Baseline router - Project-Bonfire/Bonfire GitHub Wiki
Fig. 1 shows an overview of the same router architecture with credit-based flow control.
Figure 1. High level overview of the NoC router with credit-based flow control
Router specifications
- 5 port router. 5 input ports and 5 output ports. It is designed for a 2D Mesh NoC.
- Uses credit-based flow control and wormhole switching.
- The packet format is available online. A packet consists of one header flit (necessary), zero, one or more body flits (optional), and one tail flit (necessary).
- Takes 3 clock cycles for a flit from the time it enters the router until it exits the router.
- Routing is implemented as logic-based in the router (no routing table used).
- Router uses round-robin arbitration (with dynamic prioritization and fairness, avoiding starvation).
Customizable parameters of the router
- Data width of the router via DATA_WIDTH parameter (default value: 32)
- The address of the router via current_address parameter
- Connectivity bits (Cx) of routing logic via Cx_rst parameter
- The size of the network (network can only have a size of N x N) (possible values in our case: 2, and 4)
The credit-based flow control works as follows:
- Transmitter has a credit counter, which is initially equal to the number of free slots in the FIFO of the next router (in our case, it is initially equal to 3, which is the FIFO depth - 1).
- Every time a flit is sent, the counter gets decremented by one.
- The credit counter must also be updated in case the receiver (next router) reads a flit from its FIFO, since its buffer space is increased.
- In case the next router reads the flit, it sends a credit back to the sender (upstream) router.
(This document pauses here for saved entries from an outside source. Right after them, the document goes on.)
-- ===== src/MemoryPool/Take.antt =====
-- What memory_pool_pop and memory_pool_push do to the waiting nodes.
use hcl.Base.{
  ℕ, zero, suc, ◌+◌, ◌<◌, ◌≡◌, refl, sym, ap, ◌∙◌, some, length, List, [], ◌∷◌, ◌++◌, arith,
  append_assoc, append-nil, subst,
}
use hcl.LockfreeQueue.{LockfreeQueue}
use hcl.MemoryPool.{
  MemoryPool, push_chunk, drain, grow, memory_pool_pop, memory_pool_push, pooled, chunk,
}

module _ (Q : LockfreeQueue ℕ) where
  pub contents-push_chunk :
      (n i : ℕ) (q : Q.Queue) → Q.contents (push_chunk Q n i q) ≡ Q.contents q ++ chunk n i
  unfolding push_chunk chunk
  contents-push_chunk zero i q = sym (append-nil (Q.contents q))
  contents-push_chunk (suc n) i q =
      rw (contents-push_chunk n (i + 1) (Q.push i q).1, Q.contents-push i q)
        (append_assoc (Q.contents q) (i ∷ []) (chunk n (i + 1)))

  -- draining moves every free node behind the active ones, in order
  drain_lem :
      (xs : List ℕ) (free active : Q.Queue)
      → Q.contents free ≡ xs
      → (free' active' : Q.Queue) × (drain Q (suc (length xs)) free active ≡ some (free', active'))
        × (Q.contents free' ≡ [])
        × (Q.contents active' ≡ Q.contents active ++ xs)
  unfolding drain
  drain_lem [] free active e =
      (free, active, rw (Q.pop-nil free e, drain), e, sym (append-nil (Q.contents active)))
  drain_lem (x ∷ xs) free active e =
      let (free', popped, left) = Q.pop-cons free x xs e in
      let (f, a, run, empty, all) = drain_lem xs free' (Q.push x active).1 left in
      (
        f,
        a,
        rw (popped, drain) run,
        empty,
        rw (all, Q.contents-push x active) (append_assoc (Q.contents active) (x ∷ []) xs),
      )

-- The abstract allocator: it hands out the oldest waiting node, or the first of a new chunk.
unfoldable pub take_node : ℕ → ℕ → List ℕ → ℕ × List ℕ × ℕ
take_node size next (n ∷ rest) = (n, rest, next)
take_node zero next [] = (next, [], next)
take_node (suc size) next [] = (next, chunk size (next + 1), next + suc size)

module _ {Q : LockfreeQueue ℕ} where
  -- `p'` is the pool after `r` was taken from the pool `p`
  pub record Took (p p' : MemoryPool Q) (r : ℕ × List ℕ × ℕ) : Type 0 where
    pub waiting : pooled p' ≡ r.1
    pub next : p'.next_node ≡ r.2
    pub size : p'.chunk_size ≡ p.chunk_size

  abbrev Takes : MemoryPool Q → ℕ × List ℕ × ℕ → Type 0
  Takes p r = (p' : MemoryPool Q) × (memory_pool_pop 2 p ≡ some (r.0, p')) × Took p p' r

  take_active :
      (p : MemoryPool Q) (x : ℕ) (xs : List ℕ)
      → Q.contents p.active_queue ≡ x ∷ xs
      → Takes p (x, xs ++ Q.contents p.free_queue, p.next_node)
  unfolding memory_pool_pop
  take_active p x xs e =
      let (active, popped, left) = Q.pop-cons p.active_queue x xs e in
      (
        record p { active_queue = active },
        rw (popped, memory_pool_pop),
        record { waiting = rw left; next = refl; size = refl },
      )

  take_free :
      (p : MemoryPool Q) (y : ℕ) (ys : List ℕ)
      → Q.contents p.active_queue ≡ []
      → Q.contents p.free_queue ≡ y ∷ ys
      → Takes p (y, ys, p.next_node)
  unfolding memory_pool_pop
  take_free p y ys e h =
      let (free, active, run, empty, all) = drain_lem Q (y ∷ ys) p.free_queue p.active_queue h in
      let (active', popped, left) = Q.pop-cons active y ys (all ∙ rw e) in
      (
        record p { active_queue = active'; free_queue = free; free_nodes = 0 },
        rw (Q.pop-nil p.active_queue e, memory_pool_pop, h, run, popped),
        record { waiting = rw (left, empty) (append-nil ys); next = refl; size = refl },
      )

  fresh_active :
      (p : MemoryPool Q) (size : ℕ) (free active : Q.Queue)
      → p.chunk_size ≡ suc size
      → Q.contents active ≡ []
      → Q.contents (grow free active p).active_queue ≡ p.next_node ∷ chunk size (p.next_node + 1)
  unfolding grow chunk
  fresh_active p size free active c e =
      contents-push_chunk Q p.chunk_size p.next_node active ∙ simp (e, c)

  take_fresh :
      (p : MemoryPool Q) (size : ℕ)
      → p.chunk_size ≡ suc size
      → Q.contents p.active_queue ≡ []
      → Q.contents p.free_queue ≡ []
      → Takes p (p.next_node, chunk size (p.next_node + 1), p.next_node + suc size)
  unfolding memory_pool_pop
  take_fresh p size c e h =
      let (free, active, run, empty, all) = drain_lem Q [] p.free_queue p.active_queue h in
      let none_left : Q.contents active ≡ [] = all ∙ rw e in
      let p₁ = record p { free_nodes = 0 } in
      let p₂ = grow free active p₁ in
      let (active', popped, left) =
        Q.pop-cons p₂.active_queue p.next_node (chunk size (p.next_node + 1))
          (fresh_active p₁ size free active c none_left) in
      (
        record p₂ { active_queue = active' },
        rw (
          Q.pop-nil p.active_queue e,
          memory_pool_pop,
          h,
          run,
          Q.pop-nil active none_left,
          popped,
        ),
        record {
          waiting = rw (left, empty) (append-nil _);
          next = omega (arith, ap (λ t. p.next_node + t) c);
          size = refl;
        },
      )

  -- Two rounds of the loop of memory_pool_pop are enough, if chunks are not empty, and the call
  -- hands out the node that the abstract allocator does, which takes the oldest waiting node or
  -- else the first one of a new chunk, and leaves the same nodes waiting.
  pub memory_pool_pop-take_node :
      (p : MemoryPool Q)
      → 0 < p.chunk_size
      → let r = take_node p.chunk_size p.next_node (pooled p) in
        (p' : MemoryPool Q) × (memory_pool_pop 2 p ≡ some (r.0, p')) × Took p p' r
  unfolding take_node
  memory_pool_pop-take_node p pos = split _ _ _ refl refl refl
    where
      split :
          (xs ys : List ℕ) (size : ℕ)
          → Q.contents p.active_queue ≡ xs
          → Q.contents p.free_queue ≡ ys
          → p.chunk_size ≡ size
          → Takes p (take_node p.chunk_size p.next_node (pooled p))
      split (x ∷ xs) ys size e h c = rw e (take_active p x xs e)
      split [] (y ∷ ys) size e h c = rw (e, h) (take_free p y ys e h)
      split [] [] zero e h c = absurd (omega arith)
      split [] [] (suc size) e h c = subst (Takes p) (simp (e, h, c)) (take_fresh p size c e h)

  -- A returned node waits behind all the others.
  pub pooled-memory_pool_push :
      (n : ℕ) (p : MemoryPool Q) → pooled (memory_pool_push n p) ≡ pooled p ++ n ∷ []
  unfolding memory_pool_push
  pooled-memory_pool_push n p =
      rw (Q.contents-push n p.free_queue)
        (sym (append_assoc (Q.contents p.active_queue) (Q.contents p.free_queue) (n ∷ [])))

  pub chunk_size-memory_pool_push :
      (n : ℕ) (p : MemoryPool Q) → (memory_pool_push n p).chunk_size ≡ p.chunk_size
  unfolding memory_pool_push
  chunk_size-memory_pool_push n p = refl

  pub next_node-memory_pool_push :
      (n : ℕ) (p : MemoryPool Q) → (memory_pool_push n p).next_node ≡ p.next_node
  unfolding memory_pool_push
  next_node-memory_pool_push n p = refl
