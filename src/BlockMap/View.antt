-- ===== src/BlockMap/View.antt =====
-- The table as a map from keys to values: what each operation returns, and what it changes.
use hcl.Base.{
  ℕ, ◌%◌, ◌<◌, ◌≡◌, refl, sym, ◌∙◌, true, Option, some, none, if◌then◌else◌, arith, inl, inr,
  Bool-cases, length, get_elem?, set, uint64_max, mod_lt, ◌==◌, mod?-pos, get_elem?-total,
  get_elem?-set, set-all, get_elem?-lt, length-set,
}
use hcl.HashKey.{HashKey, ◌≈◌, ≈-hash}
use hcl.LockfreeQueue.{LockfreeQueue}
use hcl.BlockMap.{Fnode, BlockMap, key_to_index, locate}
use hcl.BlockMap.Chain.{value_of, IsChain, value_of_congr}

module _ {K V : Type 0} ⦃key : HashKey K⦄ where
  unfoldable pub value_in : K → Option (Fnode K V) → Option V
  value_in k none = none
  value_in k (some b) = value_of k b.nodes

module _ {Q : LockfreeQueue ℕ} {K V : Type 0} ⦃key : HashKey K⦄ where
  -- a table as the constructor and the operations leave it
  pub record IsValid (m : BlockMap Q K V) : Type 0 where
    pub size_pos : 0 < m.max_size
    pub size_max : m.max_size < uint64_max
    pub width : length m.table ≡ m.max_size
    pub chains : (i : ℕ) (b : Fnode K V) → get_elem? m.table i ≡ some b → IsChain b.nodes
    pub heads : (i : ℕ) (b : Fnode K V) → get_elem? m.table i ≡ some b → b.head.key ≡ m.empty_key
    pub chunks : 0 < m.pl.chunk_size

  -- the map that the table stands for
  unfoldable pub view : BlockMap Q K V → K → Option V
  unfolding value_in
  view m k = value_in k (get_elem? m.table (key.hash k % m.max_size))

  pub home : BlockMap Q K V → K → ℕ
  home m k = key.hash k % m.max_size

  pub home-lt : {m : BlockMap Q K V} (k : K) → IsValid m → home m k < m.max_size
  unfolding home
  home-lt {m} k v = mod_lt (key.hash k) m.max_size v.size_pos

  -- the bucket of a key is there
  pub locate-home :
      {m : BlockMap Q K V} (k : K)
      → IsValid m
      → (b : Fnode K V) × (locate m k ≡ some (home m k, b))
        × (get_elem? m.table (home m k) ≡ some b)
        × (view m k ≡ value_of k b.nodes)
        × (home m k < length m.table)
  unfolding locate key_to_index home view
  locate-home {m} k v =
      let lt : key.hash k % m.max_size < length m.table =
        rw v.width (mod_lt (key.hash k) m.max_size v.size_pos) in
      let (b, e) = get_elem?-total m.table (key.hash k % m.max_size) lt in
      (b, rw (mod?-pos (key.hash k) m.max_size v.size_pos) (rw e), e, rw e, lt)

  -- a table with one bucket replaced
  module _ {m : BlockMap Q K V} (valid : IsValid m) (i : ℕ) (b b' : Fnode K V)
      (old : get_elem? m.table i ≡ some b) where
    pub set-IsValid :
        (m' : BlockMap Q K V)
        → m'.table ≡ set m.table i b'
        → m'.max_size ≡ m.max_size
        → m'.empty_key ≡ m.empty_key
        → m'.pl.chunk_size ≡ m.pl.chunk_size
        → b'.head.key ≡ b.head.key
        → IsChain b'.nodes
        → IsValid m'
    set-IsValid m' t s e c h chain = record {
      size_pos = omega arith;
      size_max = omega arith;
      width = rw (t, length-set) (valid.width ∙ sym s);
      chains = rw t (set-all (λ c. IsChain c.nodes) m.table i b' valid.chains chain);
      heads =
          rw (t, e)
            (set-all (λ c. c.head.key ≡ m.empty_key) m.table i b' valid.heads
              (h ∙ valid.heads i b old));
      chunks = omega arith;
    }

    pub set-view :
        (m' : BlockMap Q K V) (q : K)
        → m'.table ≡ set m.table i b'
        → m'.max_size ≡ m.max_size
        → view m' q ≡ (if home m q == i then value_of q b'.nodes else view m q)
    unfolding view home
    set-view m' q t s =
        rw
          (
            t,
            s,
            get_elem?-set m.table i (key.hash q % m.max_size) b' (get_elem?-lt m.table i b old),
          )
          (elim (Bool-cases (key.hash q % m.max_size == i)) [ inl p ↦ rw p | inr p ↦ rw p ])

  module _ {m : BlockMap Q K V} (valid : IsValid m) (k : K) where
    pub same_home : (q : K) → (k ≈ q) ≡ true → home m q ≡ home m k
    unfolding home
    same_home q e = rw (≈-hash k q e)

    pub reads_at :
        (b : Fnode K V) (q : K)
        → get_elem? m.table (home m k) ≡ some b
        → home m q ≡ home m k
        → view m q ≡ value_of q b.nodes
    unfolding view home
    reads_at b q e h = rw (h, e)

    pub view_congr : (q : K) → (k ≈ q) ≡ true → view m k ≡ view m q
    unfolding view value_in
    view_congr q e = rw (≈-hash k q e) (same_in (get_elem? m.table (key.hash q % m.max_size)))
      where
        same_in : (o : Option (Fnode K V)) → value_in k o ≡ value_in q o
        same_in none = refl
        same_in (some b) = value_of_congr k q b.nodes e

    -- a bucket that changed at the key alone changes the map there alone
    pub changed :
        (b b' : Fnode K V) (m' : BlockMap Q K V) (x : Option V) (q : K)
        → get_elem? m.table (home m k) ≡ some b
        → m'.table ≡ set m.table (home m k) b'
        → m'.max_size ≡ m.max_size
        → value_of q b'.nodes ≡ (if k ≈ q then x else value_of q b.nodes)
        → view m' q ≡ (if k ≈ q then x else view m q)
    changed b b' m' x q at t s e =
        ground (arith, set-view valid (home m k) b b' at m' q t s, same_home q, reads_at b q at)
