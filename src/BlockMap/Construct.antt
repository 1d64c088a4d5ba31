-- ===== src/BlockMap/Construct.antt =====
-- The constructor: a valid table that stands for the empty map.
use hcl.Base.{
  ℕ, zero, suc, ◌%◌, ◌<◌, ◌≡◌, refl, ap, List, [], ◌∷◌, Option, some, none, length, cons-all,
  get_elem?, uint64_max, arith, lt→ltb, ◌∙◌,
}
use hcl.HashKey.{HashKey}
use hcl.LockfreeQueue.{LockfreeQueue}
use hcl.MemoryPool.{MemoryPool, pooled}
use hcl.MemoryPool.Take.{memory_pool_pop-take_node, take_node}
use hcl.BlockMap.{Fnode, BlockMap, init_table, new_block_map}
use hcl.BlockMap.Chain.{value_of}
use hcl.BlockMap.View.{IsValid, view, value_in}

module _ {K V : Type 0} ⦃key : HashKey K⦄ where
  value_of-bucket :
      (k : K) (o : Option (Fnode K V))
      → ((b : Fnode K V) → o ≡ some b → b.nodes ≡ [])
      → value_in k o ≡ none
  unfolding value_in value_of
  value_of-bucket k none h = refl
  value_of-bucket k (some b) h = rw (h b refl)

module _ {Q : LockfreeQueue ℕ} {K V : Type 0} ⦃key : HashKey K⦄ where
  record Fresh (n : ℕ) (max_key : K) (size : ℕ) (t : List (Fnode K V)) (p : MemoryPool Q)
      : Type 0 where
    width : length t ≡ n
    empty :
        (i : ℕ) (b : Fnode K V) → get_elem? t i ≡ some b → (b.nodes ≡ []) × (b.head.key ≡ max_key)
    chunks : p.chunk_size ≡ size

  init_table-Fresh :
      (n : ℕ) (value_init : V) (max_key : K) (p : MemoryPool Q)
      → 0 < p.chunk_size
      → (t : List (Fnode K V)) × (p' : MemoryPool Q) × (init_table n value_init max_key p
          ≡ some (t, p'))
        × Fresh n max_key p.chunk_size t p'
  unfolding init_table
  init_table-Fresh zero value_init max_key p pos =
      ([], p, refl, record { width = refl; empty = λ i b e. cc; chunks = refl })
  init_table-Fresh (suc n) value_init max_key p pos =
      let (p₁, popped, took) = memory_pool_pop-take_node p pos in
      let (t, p₂, run, f) = init_table-Fresh n value_init max_key p₁ (omega arith) in
      let b : Fnode K V = record {
        num_nodes = 0;
        head = record {
          node_id = (take_node p.chunk_size p.next_node (pooled p)).0;
          key = max_key;
          value = value_init;
        };
        nodes = [];
      } in
      (
        b ∷ t,
        p₂,
        rw (popped, run),
        record {
          width = ap suc f.width;
          empty = cons-all (λ c. (c.nodes ≡ []) × (c.head.key ≡ max_key)) b t (refl, refl) f.empty;
          chunks = f.chunks ∙ took.size;
        },
      )

  -- On a pool whose chunks are not empty, the constructor returns for every size from 1 up to below
  -- UINT64_MAX, and the table is valid and holds no key.
  pub new_block_map-view :
      (n : ℕ) (p : MemoryPool Q) (value_init : V) (max_key : K)
      → 0 < n
      → n < uint64_max
      → 0 < p.chunk_size
      → (m : BlockMap Q K V) × (new_block_map n p value_init max_key ≡ some m)
        × IsValid m
        × ((q : K) → view m q ≡ none)
        × (m.empty_key ≡ max_key)
  unfolding new_block_map view value_of
  new_block_map-view n p value_init max_key lo hi pos =
      let (t, pl, run, f) = init_table-Fresh n value_init max_key p pos in
      let m : BlockMap Q K V = record {
        table = t;
        max_size = n;
        allocated = 0;
        removed = 0;
        pl = pl;
        empty_key = max_key;
      } in
      (
        m,
        rw (lt→ltb 0 n lo, run, lt→ltb n uint64_max hi),
        record {
          size_pos = lo;
          size_max = hi;
          width = f.width;
          chains = λ i b e. rw (f.empty i b e).0 tt;
          heads = λ i b e. (f.empty i b e).1;
          chunks = omega arith;
        },
        λ q. value_of-bucket q (get_elem? t (key.hash q % n)) (λ b e. (f.empty _ b e).0),
        refl,
      )
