-- ===== src/BlockMap/Relink.antt =====
-- The chains that insert and erase leave behind: still sorted, still without a second node for a key,
-- and changed at the one key.
use hcl.Base.{
  is_some, ℕ, ◌≤◌, ◌≡◌, refl, Bool, true, false, ◌||◌, List, [], ◌∷◌, ◌++◌, some, none,
  if◌then◌else◌, arith,
}
use hcl.HashKey.{HashKey, ◌≈◌, ≈_congr, ≈_comm}
use hcl.BlockMap.{Node, insert_walk, erase_walk}
use hcl.BlockMap.Chain.{value_of, Above, IsChain, value_of-Above, value_of_congr}

module _ {K V : Type 0} ⦃key : HashKey K⦄ where
  pub insert_walk-found :
      (k : K) (found : Bool) (ns : List (Node K V))
      → IsChain ns
      → (insert_walk k found ns).0 ≡ found || is_some (value_of k ns)
  unfolding insert_walk value_of
  insert_walk-found k found [] c = ground arith
  insert_walk-found k found (n ∷ ns) c = ground (
    arith,
    insert_walk-found k found ns c.2,
    insert_walk-found k true ns c.2,
    value_of-Above k (key.hash n.key) ns,
    value_of_congr n.key k ns,
  )

  pub insert_walk-append :
      (k : K) (found : Bool) (ns : List (Node K V))
      → (insert_walk k found ns).1 ++ (insert_walk k found ns).2 ≡ ns
  unfolding insert_walk
  insert_walk-append k found [] = refl
  insert_walk-append k found (n ∷ ns) =
      ground (arith, insert_walk-append k found ns, insert_walk-append k true ns)

  -- the chain that insert links
  abbrev pub linked : Node K V → Bool → List (Node K V) → List (Node K V)
  linked new found ns = (insert_walk new.key found ns).1 ++ (new ∷ (insert_walk new.key found ns).2)

  pub linked-value_of :
      (new : Node K V) (found : Bool) (ns : List (Node K V)) (q : K)
      → value_of new.key ns ≡ none
      → value_of q (linked new found ns) ≡ (if new.key ≈ q then some new.value else value_of q ns)
  unfolding insert_walk value_of
  linked-value_of new found [] q e = ground arith
  linked-value_of new found (n ∷ ns) q e = ground (
    arith,
    linked-value_of new found ns q,
    linked-value_of new true ns q,
    ≈_congr new.key q n.key,
    ≈_comm n.key new.key,
    ≈_comm n.key q,
  )

  linked-Above :
      (new : Node K V) (found : Bool) (h : ℕ) (ns : List (Node K V))
      → Above h ns
      → h ≤ key.hash new.key
      → Above h (linked new found ns)
  unfolding insert_walk
  linked-Above new found h [] a le = (le, tt)
  linked-Above new found h (n ∷ ns) a le =
      ground (arith, linked-Above new found h ns a.1, linked-Above new true h ns a.1)

  Above-le : (h i : ℕ) (ns : List (Node K V)) → i ≤ h → Above h ns → Above i ns
  Above-le h i [] le a = a
  Above-le h i (n ∷ ns) le a = (omega arith, Above-le h i ns le a.1)

  pub linked-IsChain :
      (new : Node K V) (found : Bool) (ns : List (Node K V))
      → IsChain ns
      → value_of new.key ns ≡ none
      → IsChain (linked new found ns)
  unfolding insert_walk value_of
  linked-IsChain new found [] c e = (tt, refl, tt)
  linked-IsChain new found (n ∷ ns) c e = ground (
    arith,
    linked-IsChain new found ns c.2,
    linked-IsChain new true ns c.2,
    linked-Above new found (key.hash n.key) ns c.0,
    linked-Above new true (key.hash n.key) ns c.0,
    linked-value_of new found ns n.key,
    linked-value_of new true ns n.key,
    Above-le (key.hash n.key) (key.hash new.key) ns,
    ≈_comm n.key new.key,
  )

  -- the chain that erase leaves, and the node that it takes out
  abbrev pub tail : List (Node K V) → List (Node K V)
  tail [] = []
  tail (n ∷ ns) = ns

  abbrev pub met : K → List (Node K V) → Bool
  met k [] = false
  met k (n ∷ ns) = n.key ≈ k

  abbrev pub unlinked : K → List (Node K V) → List (Node K V)
  unlinked k ns = (erase_walk k ns).0 ++ tail (erase_walk k ns).1

  pub erase_walk-append :
      (k : K) (ns : List (Node K V)) → (erase_walk k ns).0 ++ (erase_walk k ns).1 ≡ ns
  unfolding erase_walk
  erase_walk-append k [] = refl
  erase_walk-append k (n ∷ ns) = ground (arith, erase_walk-append k ns)

  pub erase_walk-met :
      (k : K) (ns : List (Node K V))
      → IsChain ns
      → met k (erase_walk k ns).1 ≡ is_some (value_of k ns)
  unfolding erase_walk value_of
  erase_walk-met k [] c = refl
  erase_walk-met k (n ∷ ns) c =
      ground (arith, erase_walk-met k ns c.2, value_of-Above k (key.hash n.key) ns)

  pub unlinked-value_of :
      (k : K) (ns : List (Node K V)) (q : K)
      → IsChain ns
      → met k (erase_walk k ns).1 ≡ true
      → value_of q (unlinked k ns) ≡ (if k ≈ q then none else value_of q ns)
  unfolding erase_walk value_of
  unlinked-value_of k [] q c m = cc
  unlinked-value_of k (n ∷ ns) q c m = ground (
    arith,
    unlinked-value_of k ns q c.2,
    value_of_congr n.key q ns,
    ≈_congr n.key k q,
    ≈_congr k q n.key,
    ≈_comm n.key k,
    ≈_comm n.key q,
  )

  unlinked-Above : (k : K) (h : ℕ) (ns : List (Node K V)) → Above h ns → Above h (unlinked k ns)
  unfolding erase_walk
  unlinked-Above k h [] a = a
  unlinked-Above k h (n ∷ ns) a = ground (arith, unlinked-Above k h ns a.1)

  pub unlinked-IsChain :
      (k : K) (ns : List (Node K V))
      → IsChain ns
      → met k (erase_walk k ns).1 ≡ true
      → IsChain (unlinked k ns)
  unfolding erase_walk
  unlinked-IsChain k [] c m = c
  unlinked-IsChain k (n ∷ ns) c m = ground (
    arith,
    unlinked-IsChain k ns c.2,
    unlinked-Above k (key.hash n.key) ns c.0,
    unlinked-value_of k ns n.key c.2,
  )
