-- ===== src/MemoryPool/Count.antt =====
-- Taking a node and making a pool, counted node by node.
use hcl.Base.{
  ℕ, zero, suc, ◌+◌, ◌<◌, ◌≡◌, refl, ◌&&◌, List, [], ◌∷◌, ltb, leb, ◌==◌, to_nat, count, count-nil,
  count-cons, arith, append-nil,
}
use hcl.LockfreeQueue.{LockfreeQueue}
use hcl.MemoryPool.{new_memory_pool, pooled, chunk}
use hcl.MemoryPool.Take.{take_node, contents-push_chunk}

count-chunk : (a n i : ℕ) → count a (chunk n i) ≡ to_nat (leb i a && ltb a (i + n))
unfolding chunk
count-chunk a zero i = rw (count-nil a) (ground arith)
count-chunk a (suc n) i = ground (arith, count-cons a i (chunk n (i + 1)), count-chunk a n (i + 1))

-- taking a node from the abstract pool takes one from the waiting nodes or from fresh memory
pub count-take_node :
    (a size next : ℕ) (waiting : List ℕ)
    → 0 < size
    → let r = take_node size next waiting in
      to_nat (a == r.0) + count a r.1 + to_nat (ltb a next) ≡ count a waiting + to_nat (ltb a r.2)
unfolding take_node
count-take_node a zero next [] pos = elim pos [ ]
count-take_node a (suc size) next [] pos =
    ground (arith, count-nil a, count-chunk a size (next + 1))
count-take_node a size next (n ∷ rest) pos = ground (arith, count-cons a n rest)

-- a new pool holds the nodes of its one chunk
pub count-new_memory_pool :
    (Q : LockfreeQueue ℕ) (size a : ℕ)
    → count a (pooled (new_memory_pool Q size)) ≡ to_nat (ltb a size)
unfolding new_memory_pool
count-new_memory_pool Q size a =
    rw (contents-push_chunk Q size 0 Q.empty, Q.contents-empty, append-nil (chunk size 0))
      (ground (arith, count-chunk a size 0))

pub new_memory_pool-fields :
    (Q : LockfreeQueue ℕ) (size : ℕ)
    → ((new_memory_pool Q size).chunk_size ≡ size) × ((new_memory_pool Q size).next_node ≡ size)
unfolding new_memory_pool
new_memory_pool-fields Q size = (refl, refl)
This can be implemented in two ways, either just a one bit credit would be send, which increments the value of the counter in the upstream router by one, or it can also be a credit value (larger than one), which indicates how many slots of the input FIFO of the next router have been freed. In our router, we have opted for the first approach, therefore, a single credit bit is sent back from the downstream router to the upstream (sender).
- In case the counter value in the current router (sender) becomes zero, transmission is stalled.
- Transmission continues again when the credit counter value increases (the next router's FIFO is not full).